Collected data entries
--- START ---
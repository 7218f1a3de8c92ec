-- ===== src/Subscriptions/Tests.antt =====
-- Example data for the theorems of the subscription engine.
pub mod Rounding
mod Transitions
mod Histories
mod Billing
mod Redemptions
use paywall.Prelude.{ℕ, ◌*◌, Option, none, some, List, [], ◌∷◌, true, false, Outcome, ok, err}
use paywall.Coupons.{Coupon, CouponDb, percentage, once, active as coupon_active}
use paywall.Dates.{Date, month}
use paywall.Subscriptions.StateMachine.{SubscriptionStatus, active}
use paywall.Subscriptions.Model.{Db, Subscription, SubscriptionItem, Price, MutationOptions}

abbrev pub days : ℕ → Date
days n = n * 86400000

-- The result of a request, or a default.
abbrev pub result_or : {A : Type 0} → A → Outcome Db A → A
result_or a (ok b db) = b
result_or a (err e db) = a

-- A subscription in the status, in its first period, January 1970.
abbrev pub row_in : SubscriptionStatus → Subscription
row_in status = record {
  id = 1;
  organization_id = 10;
  customer_id = 4;
  product_id = 20;
  plan_id = 3;
  application_id = 30;
  status = status;
  current_period_start = some 0;
  current_period_end = some (days 31);
  trial_start = none;
  trial_end = none;
  cancel_at_period_end = false;
  canceled_at = none;
  cancellation_reason = none;
  grace_period_end = none;
  quantity = 1;
  version = 1;
}

abbrev pub price_of : ℕ → ℕ → Price
price_of id amount_minor = record {
  id = id;
  currency = 1;
  amount_minor = amount_minor;
  interval = month;
  interval_count = 1;
}

abbrev pub item : SubscriptionItem
item = record { id = 2; subscription_id = 1; price_id = 5; quantity = 1 }

abbrev pub coupon_at : ℕ → Coupon
coupon_at count = record {
  id = 40;
  organization_id = 10;
  code = 8;
  name = none;
  discount_type = percentage;
  amount_off_minor = none;
  percent_off = some 20;
  duration = once;
  duration_in_cycles = none;
  max_redemptions = some 1;
  redemption_count = count;
  product_id = some 20;
  plan_id = none;
  expires_at = none;
  status = coupon_active;
  created_by_id = 9;
}

-- One coupon, with one redemption left.
abbrev pub coupons_in : CouponDb
coupons_in = record {
  coupons = coupon_at 0 ∷ [];
  promotion_codes = [];
  subscription_coupons = [];
  coupon_audit = [];
  next_id = 50;
}

abbrev pub db_in : SubscriptionStatus → Db
db_in status = record {
  subscriptions = row_in status ∷ [];
  items = item ∷ [];
  trials = [];
  changes = [];
  events = [];
  prorations = [];
  prices = price_of 5 1000 ∷ price_of 6 3000 ∷ [];
  plans =
      record {
        id = 3;
        product_id = 20;
        product_organization_id = 10;
        product_application_id = 30;
        trial_eligible = true;
        trial_days = some 14;
      }
      ∷ [];
  customers = record { id = 4; organization_id = 10 } ∷ [];
  publications = [];
  financial_events = [];
  audit = [];
  coupon_db = coupons_in;
  next_id = 100;
}

abbrev pub no_options : MutationOptions
no_options = record { idempotency_key = none; expected_version = none }

abbrev pub keyed : MutationOptions
keyed = record { idempotency_key = some 77; expected_version = none }

abbrev pub at_first_version : MutationOptions
at_first_version = record { idempotency_key = none; expected_version = some 1 }
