-- ===== src/Subscriptions/Tests/Rounding.antt =====
-- Rounding to the nearest whole amount, a half upwards, has the laws that a proration needs.
use native.Mathlib.Nat as Nat
use paywall.Prelude.{ℕ, ◌+◌, ◌*◌, ◌/◌, ◌≤◌, ◌<◌, arith}
use paywall.Subscriptions.Proration.{Scale, IsRounding}

abbrev pub nearest : Scale
nearest a r t = (2 * (a * r) + t) / (2 * t)

div_mono : (x y k : ℕ) → 0 < k → x ≤ y → x / k ≤ y / k
div_mono x y k p h = (Nat.le-div_iff_mul-le p).1 (omega (arith, Nat.div-mul-le_self x k, h))

pub nearest-IsRounding : IsRounding nearest
nearest-IsRounding = record {
  none_left = λ a t p. Nat.div-eq_of_lt-le (2 * t) (omega arith) (omega arith);
  all_left = λ a t p. Nat.div-eq_of_lt-le (2 * t) (omega arith) (omega arith);
  amount_mono =
      λ a b r t p h. div_mono _ _ _ (omega arith) (omega (arith, Nat.mul-le-mul_right r h));
  days_mono = λ a r s t p h. div_mono _ _ _ (omega arith) (omega (arith, Nat.mul-le-mul_left a h));
}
--- END ---
▶ [Prompt]: Give back, exactly as written, the stretch from the line with "amount_minor = amount_minor;" through the line with "percent_off = some 20;", and no other lines from the records above.

▶ [Output of the task]:
  amount_minor = amount_minor;
  interval = month;
  interval_count = 1;
}

abbrev pub item : SubscriptionItem
item = record { id = 2; subscription_id = 1; price_id = 5; quantity = 1 }

abbrev pub coupon_at : ℕ → Coupon
coupon_at count = record {
  id = 40;
  organization_id = 10;
  code = 8;
  name = none;
  discount_type = percentage;
  amount_off_minor = none;
  percent_off = some 20;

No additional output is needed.